### RECORDS SUPPLIED
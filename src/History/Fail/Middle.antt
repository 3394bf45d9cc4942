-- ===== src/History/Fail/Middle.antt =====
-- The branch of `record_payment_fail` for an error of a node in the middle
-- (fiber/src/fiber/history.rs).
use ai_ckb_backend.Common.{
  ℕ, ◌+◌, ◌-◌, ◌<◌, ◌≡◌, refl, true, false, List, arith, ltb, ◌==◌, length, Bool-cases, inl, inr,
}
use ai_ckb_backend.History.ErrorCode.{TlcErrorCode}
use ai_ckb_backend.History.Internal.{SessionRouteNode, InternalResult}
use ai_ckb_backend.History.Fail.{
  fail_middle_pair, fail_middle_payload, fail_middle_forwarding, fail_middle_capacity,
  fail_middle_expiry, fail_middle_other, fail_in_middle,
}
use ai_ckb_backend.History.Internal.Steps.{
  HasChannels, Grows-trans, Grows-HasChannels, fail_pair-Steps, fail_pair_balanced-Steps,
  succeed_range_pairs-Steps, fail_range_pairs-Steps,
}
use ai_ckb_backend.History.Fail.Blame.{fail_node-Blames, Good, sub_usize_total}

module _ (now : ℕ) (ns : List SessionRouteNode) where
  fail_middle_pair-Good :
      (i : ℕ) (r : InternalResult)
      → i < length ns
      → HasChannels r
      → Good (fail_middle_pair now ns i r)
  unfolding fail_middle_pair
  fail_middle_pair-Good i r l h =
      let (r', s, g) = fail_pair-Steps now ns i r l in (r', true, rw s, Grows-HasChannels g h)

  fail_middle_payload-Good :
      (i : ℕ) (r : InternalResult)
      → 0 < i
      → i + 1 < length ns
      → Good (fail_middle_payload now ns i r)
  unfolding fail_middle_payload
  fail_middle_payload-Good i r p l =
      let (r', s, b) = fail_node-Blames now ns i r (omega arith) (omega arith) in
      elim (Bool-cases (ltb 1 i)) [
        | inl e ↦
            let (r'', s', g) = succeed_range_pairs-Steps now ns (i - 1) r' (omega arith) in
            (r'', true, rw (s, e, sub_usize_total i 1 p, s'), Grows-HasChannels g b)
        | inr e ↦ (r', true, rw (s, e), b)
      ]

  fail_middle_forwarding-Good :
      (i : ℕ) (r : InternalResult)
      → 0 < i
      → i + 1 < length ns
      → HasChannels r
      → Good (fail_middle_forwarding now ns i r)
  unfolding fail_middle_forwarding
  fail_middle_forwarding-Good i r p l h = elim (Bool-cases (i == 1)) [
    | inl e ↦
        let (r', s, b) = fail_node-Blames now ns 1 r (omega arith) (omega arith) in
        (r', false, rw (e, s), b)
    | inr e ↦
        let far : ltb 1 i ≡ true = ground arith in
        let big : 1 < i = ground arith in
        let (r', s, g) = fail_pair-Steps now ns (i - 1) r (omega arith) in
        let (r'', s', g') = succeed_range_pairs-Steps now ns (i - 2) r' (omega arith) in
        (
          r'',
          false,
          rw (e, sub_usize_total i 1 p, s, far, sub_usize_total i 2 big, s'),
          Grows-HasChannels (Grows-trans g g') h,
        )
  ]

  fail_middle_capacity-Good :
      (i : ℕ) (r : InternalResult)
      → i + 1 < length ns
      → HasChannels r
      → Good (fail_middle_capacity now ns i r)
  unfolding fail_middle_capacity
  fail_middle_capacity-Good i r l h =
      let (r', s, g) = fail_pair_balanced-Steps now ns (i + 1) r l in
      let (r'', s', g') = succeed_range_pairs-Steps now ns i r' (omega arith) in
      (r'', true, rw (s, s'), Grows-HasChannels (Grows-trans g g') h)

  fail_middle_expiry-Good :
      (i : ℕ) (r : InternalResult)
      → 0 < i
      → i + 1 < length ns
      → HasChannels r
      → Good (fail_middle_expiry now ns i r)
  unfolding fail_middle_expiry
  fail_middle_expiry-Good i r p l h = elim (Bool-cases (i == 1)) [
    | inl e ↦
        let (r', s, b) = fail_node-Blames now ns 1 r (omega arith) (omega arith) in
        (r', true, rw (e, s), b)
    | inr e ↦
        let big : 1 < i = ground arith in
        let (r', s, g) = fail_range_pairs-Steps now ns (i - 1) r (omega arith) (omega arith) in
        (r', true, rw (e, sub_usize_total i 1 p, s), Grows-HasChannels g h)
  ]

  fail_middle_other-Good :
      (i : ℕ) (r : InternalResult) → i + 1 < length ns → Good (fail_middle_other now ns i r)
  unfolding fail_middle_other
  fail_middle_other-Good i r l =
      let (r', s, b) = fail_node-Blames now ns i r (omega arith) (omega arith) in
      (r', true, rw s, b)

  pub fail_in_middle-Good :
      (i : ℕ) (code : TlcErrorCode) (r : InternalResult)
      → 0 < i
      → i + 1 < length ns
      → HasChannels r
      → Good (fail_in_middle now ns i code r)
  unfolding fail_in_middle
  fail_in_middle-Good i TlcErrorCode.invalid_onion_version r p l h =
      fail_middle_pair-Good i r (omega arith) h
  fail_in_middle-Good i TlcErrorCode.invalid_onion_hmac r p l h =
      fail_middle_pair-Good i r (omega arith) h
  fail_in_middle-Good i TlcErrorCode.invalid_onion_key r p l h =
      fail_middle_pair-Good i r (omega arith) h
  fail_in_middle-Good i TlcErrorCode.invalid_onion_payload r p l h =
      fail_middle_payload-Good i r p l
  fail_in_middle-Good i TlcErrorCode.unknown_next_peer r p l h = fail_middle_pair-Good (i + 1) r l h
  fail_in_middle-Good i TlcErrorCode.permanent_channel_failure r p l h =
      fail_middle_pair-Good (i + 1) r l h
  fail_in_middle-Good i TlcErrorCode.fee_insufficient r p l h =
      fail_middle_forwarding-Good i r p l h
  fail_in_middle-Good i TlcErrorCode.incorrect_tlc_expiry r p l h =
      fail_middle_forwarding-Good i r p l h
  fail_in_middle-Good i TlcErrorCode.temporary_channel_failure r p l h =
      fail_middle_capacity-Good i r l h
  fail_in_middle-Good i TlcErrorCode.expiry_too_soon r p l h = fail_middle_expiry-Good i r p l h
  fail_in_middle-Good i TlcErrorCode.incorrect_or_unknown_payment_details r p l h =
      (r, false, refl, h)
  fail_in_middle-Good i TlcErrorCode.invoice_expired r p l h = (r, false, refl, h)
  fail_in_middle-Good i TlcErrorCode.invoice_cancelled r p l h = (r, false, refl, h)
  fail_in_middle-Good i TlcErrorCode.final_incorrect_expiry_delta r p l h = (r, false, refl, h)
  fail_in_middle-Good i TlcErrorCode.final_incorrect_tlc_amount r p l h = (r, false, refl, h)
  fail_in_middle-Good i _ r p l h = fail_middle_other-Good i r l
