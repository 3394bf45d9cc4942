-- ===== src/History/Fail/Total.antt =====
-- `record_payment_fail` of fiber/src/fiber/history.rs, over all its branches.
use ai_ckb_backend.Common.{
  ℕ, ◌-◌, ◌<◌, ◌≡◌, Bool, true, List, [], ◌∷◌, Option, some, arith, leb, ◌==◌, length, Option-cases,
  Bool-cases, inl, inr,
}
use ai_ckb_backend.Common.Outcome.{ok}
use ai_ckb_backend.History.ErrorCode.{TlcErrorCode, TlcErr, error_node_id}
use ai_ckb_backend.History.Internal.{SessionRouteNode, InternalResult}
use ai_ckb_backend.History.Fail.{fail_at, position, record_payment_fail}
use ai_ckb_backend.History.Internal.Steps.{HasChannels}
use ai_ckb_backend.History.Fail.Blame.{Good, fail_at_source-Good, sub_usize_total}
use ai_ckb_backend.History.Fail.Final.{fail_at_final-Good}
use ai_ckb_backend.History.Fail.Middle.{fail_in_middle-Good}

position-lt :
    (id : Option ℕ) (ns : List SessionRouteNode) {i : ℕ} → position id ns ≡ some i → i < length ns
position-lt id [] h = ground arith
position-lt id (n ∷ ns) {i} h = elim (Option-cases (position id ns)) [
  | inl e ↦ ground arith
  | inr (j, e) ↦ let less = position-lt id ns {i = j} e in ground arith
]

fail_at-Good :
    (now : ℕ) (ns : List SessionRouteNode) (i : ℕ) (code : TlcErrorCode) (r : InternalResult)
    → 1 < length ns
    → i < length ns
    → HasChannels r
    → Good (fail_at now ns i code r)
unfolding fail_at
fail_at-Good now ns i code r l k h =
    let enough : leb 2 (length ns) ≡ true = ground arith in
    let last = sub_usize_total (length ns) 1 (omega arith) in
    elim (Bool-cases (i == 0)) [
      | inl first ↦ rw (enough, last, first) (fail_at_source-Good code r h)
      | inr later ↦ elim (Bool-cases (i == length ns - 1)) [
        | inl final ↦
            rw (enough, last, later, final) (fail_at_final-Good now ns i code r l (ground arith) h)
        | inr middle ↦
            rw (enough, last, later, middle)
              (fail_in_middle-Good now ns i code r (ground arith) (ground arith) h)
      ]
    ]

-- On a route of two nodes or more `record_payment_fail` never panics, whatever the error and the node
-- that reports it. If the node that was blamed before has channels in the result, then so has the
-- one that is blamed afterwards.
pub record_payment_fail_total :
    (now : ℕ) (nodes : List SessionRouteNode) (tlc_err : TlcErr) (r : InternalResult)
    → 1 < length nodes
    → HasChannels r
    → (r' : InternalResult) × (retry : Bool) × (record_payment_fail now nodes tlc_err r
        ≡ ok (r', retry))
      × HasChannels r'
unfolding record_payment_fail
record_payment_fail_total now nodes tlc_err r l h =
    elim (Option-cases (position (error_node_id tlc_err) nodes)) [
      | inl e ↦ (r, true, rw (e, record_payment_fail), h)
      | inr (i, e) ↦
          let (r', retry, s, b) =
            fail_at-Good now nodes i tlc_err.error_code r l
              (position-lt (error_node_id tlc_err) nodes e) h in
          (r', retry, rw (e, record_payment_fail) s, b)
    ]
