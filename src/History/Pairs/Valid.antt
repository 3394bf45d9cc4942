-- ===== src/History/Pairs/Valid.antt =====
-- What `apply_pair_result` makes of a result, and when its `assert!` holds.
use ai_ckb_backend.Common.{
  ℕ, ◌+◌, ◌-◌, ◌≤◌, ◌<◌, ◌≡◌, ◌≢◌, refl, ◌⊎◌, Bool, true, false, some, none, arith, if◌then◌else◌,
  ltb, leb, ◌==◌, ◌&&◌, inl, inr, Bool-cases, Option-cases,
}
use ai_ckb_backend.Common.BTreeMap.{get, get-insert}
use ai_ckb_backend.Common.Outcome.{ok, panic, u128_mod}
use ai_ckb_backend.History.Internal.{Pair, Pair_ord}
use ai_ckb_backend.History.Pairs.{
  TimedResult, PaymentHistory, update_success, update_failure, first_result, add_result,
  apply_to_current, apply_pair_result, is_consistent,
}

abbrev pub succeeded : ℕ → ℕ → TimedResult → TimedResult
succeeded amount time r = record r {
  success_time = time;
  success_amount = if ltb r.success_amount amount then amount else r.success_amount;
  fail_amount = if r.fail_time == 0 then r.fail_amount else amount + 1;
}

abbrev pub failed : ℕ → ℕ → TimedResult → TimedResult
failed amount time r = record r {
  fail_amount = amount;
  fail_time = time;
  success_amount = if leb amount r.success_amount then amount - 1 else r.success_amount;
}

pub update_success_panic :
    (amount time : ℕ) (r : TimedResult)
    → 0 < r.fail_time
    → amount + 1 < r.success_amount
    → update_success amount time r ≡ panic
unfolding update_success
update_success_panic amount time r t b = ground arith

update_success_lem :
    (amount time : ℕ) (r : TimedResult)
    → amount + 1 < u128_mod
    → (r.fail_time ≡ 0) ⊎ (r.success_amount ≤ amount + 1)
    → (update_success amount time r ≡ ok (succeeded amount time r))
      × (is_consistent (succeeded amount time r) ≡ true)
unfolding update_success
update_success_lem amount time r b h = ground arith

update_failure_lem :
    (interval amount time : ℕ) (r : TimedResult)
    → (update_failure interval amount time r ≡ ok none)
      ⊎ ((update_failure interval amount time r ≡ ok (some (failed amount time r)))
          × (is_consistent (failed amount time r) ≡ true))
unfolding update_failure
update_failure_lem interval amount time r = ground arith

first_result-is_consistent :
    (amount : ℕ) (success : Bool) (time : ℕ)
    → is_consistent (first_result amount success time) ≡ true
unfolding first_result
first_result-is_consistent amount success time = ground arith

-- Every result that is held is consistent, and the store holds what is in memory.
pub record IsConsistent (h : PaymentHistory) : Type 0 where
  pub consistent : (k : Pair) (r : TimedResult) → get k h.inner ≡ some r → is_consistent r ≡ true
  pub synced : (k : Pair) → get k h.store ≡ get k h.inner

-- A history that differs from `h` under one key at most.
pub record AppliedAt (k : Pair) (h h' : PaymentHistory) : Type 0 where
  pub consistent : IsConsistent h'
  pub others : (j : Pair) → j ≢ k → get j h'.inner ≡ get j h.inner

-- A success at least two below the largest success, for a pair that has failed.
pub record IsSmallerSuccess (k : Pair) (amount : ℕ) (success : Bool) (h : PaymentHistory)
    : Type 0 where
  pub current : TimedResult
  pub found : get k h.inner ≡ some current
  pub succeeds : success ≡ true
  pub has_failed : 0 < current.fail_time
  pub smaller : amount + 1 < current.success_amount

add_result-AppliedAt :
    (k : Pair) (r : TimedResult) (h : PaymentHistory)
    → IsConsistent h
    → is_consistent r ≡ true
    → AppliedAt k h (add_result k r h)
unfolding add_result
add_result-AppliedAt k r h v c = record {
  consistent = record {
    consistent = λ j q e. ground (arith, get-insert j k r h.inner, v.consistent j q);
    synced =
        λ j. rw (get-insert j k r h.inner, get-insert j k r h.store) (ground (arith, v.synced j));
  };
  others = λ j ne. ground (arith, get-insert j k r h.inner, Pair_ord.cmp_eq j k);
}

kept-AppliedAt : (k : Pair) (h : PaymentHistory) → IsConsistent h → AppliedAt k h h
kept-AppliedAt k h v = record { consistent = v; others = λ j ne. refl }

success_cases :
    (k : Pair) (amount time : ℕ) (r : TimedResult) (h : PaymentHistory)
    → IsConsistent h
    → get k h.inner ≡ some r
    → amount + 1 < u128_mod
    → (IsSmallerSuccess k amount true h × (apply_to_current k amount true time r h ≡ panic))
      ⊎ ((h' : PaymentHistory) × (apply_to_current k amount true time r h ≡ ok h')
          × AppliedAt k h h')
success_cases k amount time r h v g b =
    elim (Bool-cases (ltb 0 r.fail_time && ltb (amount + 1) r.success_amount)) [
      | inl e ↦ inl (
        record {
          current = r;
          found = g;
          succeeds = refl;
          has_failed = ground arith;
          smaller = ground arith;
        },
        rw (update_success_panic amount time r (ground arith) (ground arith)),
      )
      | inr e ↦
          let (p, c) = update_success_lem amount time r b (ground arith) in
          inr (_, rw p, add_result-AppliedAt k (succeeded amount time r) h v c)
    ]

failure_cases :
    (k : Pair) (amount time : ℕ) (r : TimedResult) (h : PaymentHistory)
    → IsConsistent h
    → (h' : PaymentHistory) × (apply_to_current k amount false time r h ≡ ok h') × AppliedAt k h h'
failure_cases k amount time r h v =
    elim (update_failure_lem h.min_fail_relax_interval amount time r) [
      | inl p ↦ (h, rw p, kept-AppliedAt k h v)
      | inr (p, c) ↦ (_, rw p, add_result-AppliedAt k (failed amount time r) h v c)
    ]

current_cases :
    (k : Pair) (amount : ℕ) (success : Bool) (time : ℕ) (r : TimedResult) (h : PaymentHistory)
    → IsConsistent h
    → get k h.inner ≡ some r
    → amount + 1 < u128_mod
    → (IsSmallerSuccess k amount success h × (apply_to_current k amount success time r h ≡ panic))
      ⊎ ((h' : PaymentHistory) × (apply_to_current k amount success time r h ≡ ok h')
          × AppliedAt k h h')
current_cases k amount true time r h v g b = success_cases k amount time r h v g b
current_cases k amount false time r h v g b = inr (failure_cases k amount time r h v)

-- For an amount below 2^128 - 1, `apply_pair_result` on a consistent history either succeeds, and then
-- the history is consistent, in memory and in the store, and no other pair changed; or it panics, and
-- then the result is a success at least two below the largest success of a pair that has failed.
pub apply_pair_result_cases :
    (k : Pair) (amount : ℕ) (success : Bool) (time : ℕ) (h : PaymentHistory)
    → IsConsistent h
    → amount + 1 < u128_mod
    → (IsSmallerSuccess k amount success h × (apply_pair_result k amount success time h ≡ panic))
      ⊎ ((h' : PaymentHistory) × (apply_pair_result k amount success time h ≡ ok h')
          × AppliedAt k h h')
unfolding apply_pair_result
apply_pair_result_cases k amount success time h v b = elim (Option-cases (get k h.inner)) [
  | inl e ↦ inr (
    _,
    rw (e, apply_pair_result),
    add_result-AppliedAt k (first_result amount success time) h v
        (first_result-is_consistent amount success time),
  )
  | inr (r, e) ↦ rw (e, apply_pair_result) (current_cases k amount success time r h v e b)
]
######
**WHAT NEEDS TO BE DONE**
Once you reach the line containing "fail_middle_pair-Good i r l", include it and stop; until then, reproduce each line of the listing from its start exactly.

**ANSWER AREA**
filename src/History/Fail/Middle.antt
repository 3394bf45d9cc4942
-- ===== src/History/Fail/Middle.antt =====
-- The branch of `record_payment_fail` for an error of a node in the middle
-- (fiber/src/fiber/history.rs).
use ai_ckb_backend.Common.{
  ℕ, ◌+◌, ◌-◌, ◌<◌, ◌≡◌, refl, true, false, List, arith, ltb, ◌==◌, length, Bool-cases, inl, inr,
}
use ai_ckb_backend.History.ErrorCode.{TlcErrorCode}
use ai_ckb_backend.History.Internal.{SessionRouteNode, InternalResult}
use ai_ckb_backend.History.Fail.{
  fail_middle_pair, fail_middle_payload, fail_middle_forwarding, fail_middle_capacity,
  fail_middle_expiry, fail_middle_other, fail_in_middle,
}
use ai_ckb_backend.History.Internal.Steps.{
  HasChannels, Grows-trans, Grows-HasChannels, fail_pair-Steps, fail_pair_balanced-Steps,
  succeed_range_pairs-Steps, fail_range_pairs-Steps,
}
use ai_ckb_backend.History.Fail.Blame.{fail_node-Blames, Good, sub_usize_total}

module _ (now : ℕ) (ns : List SessionRouteNode) where
  fail_middle_pair-Good :
      (i : ℕ) (r : InternalResult)
      → i < length ns
      → HasChannels r
      → Good (fail_middle_pair now ns i r)
  unfolding fail_middle_pair
  fail_middle_pair-Good i r l h =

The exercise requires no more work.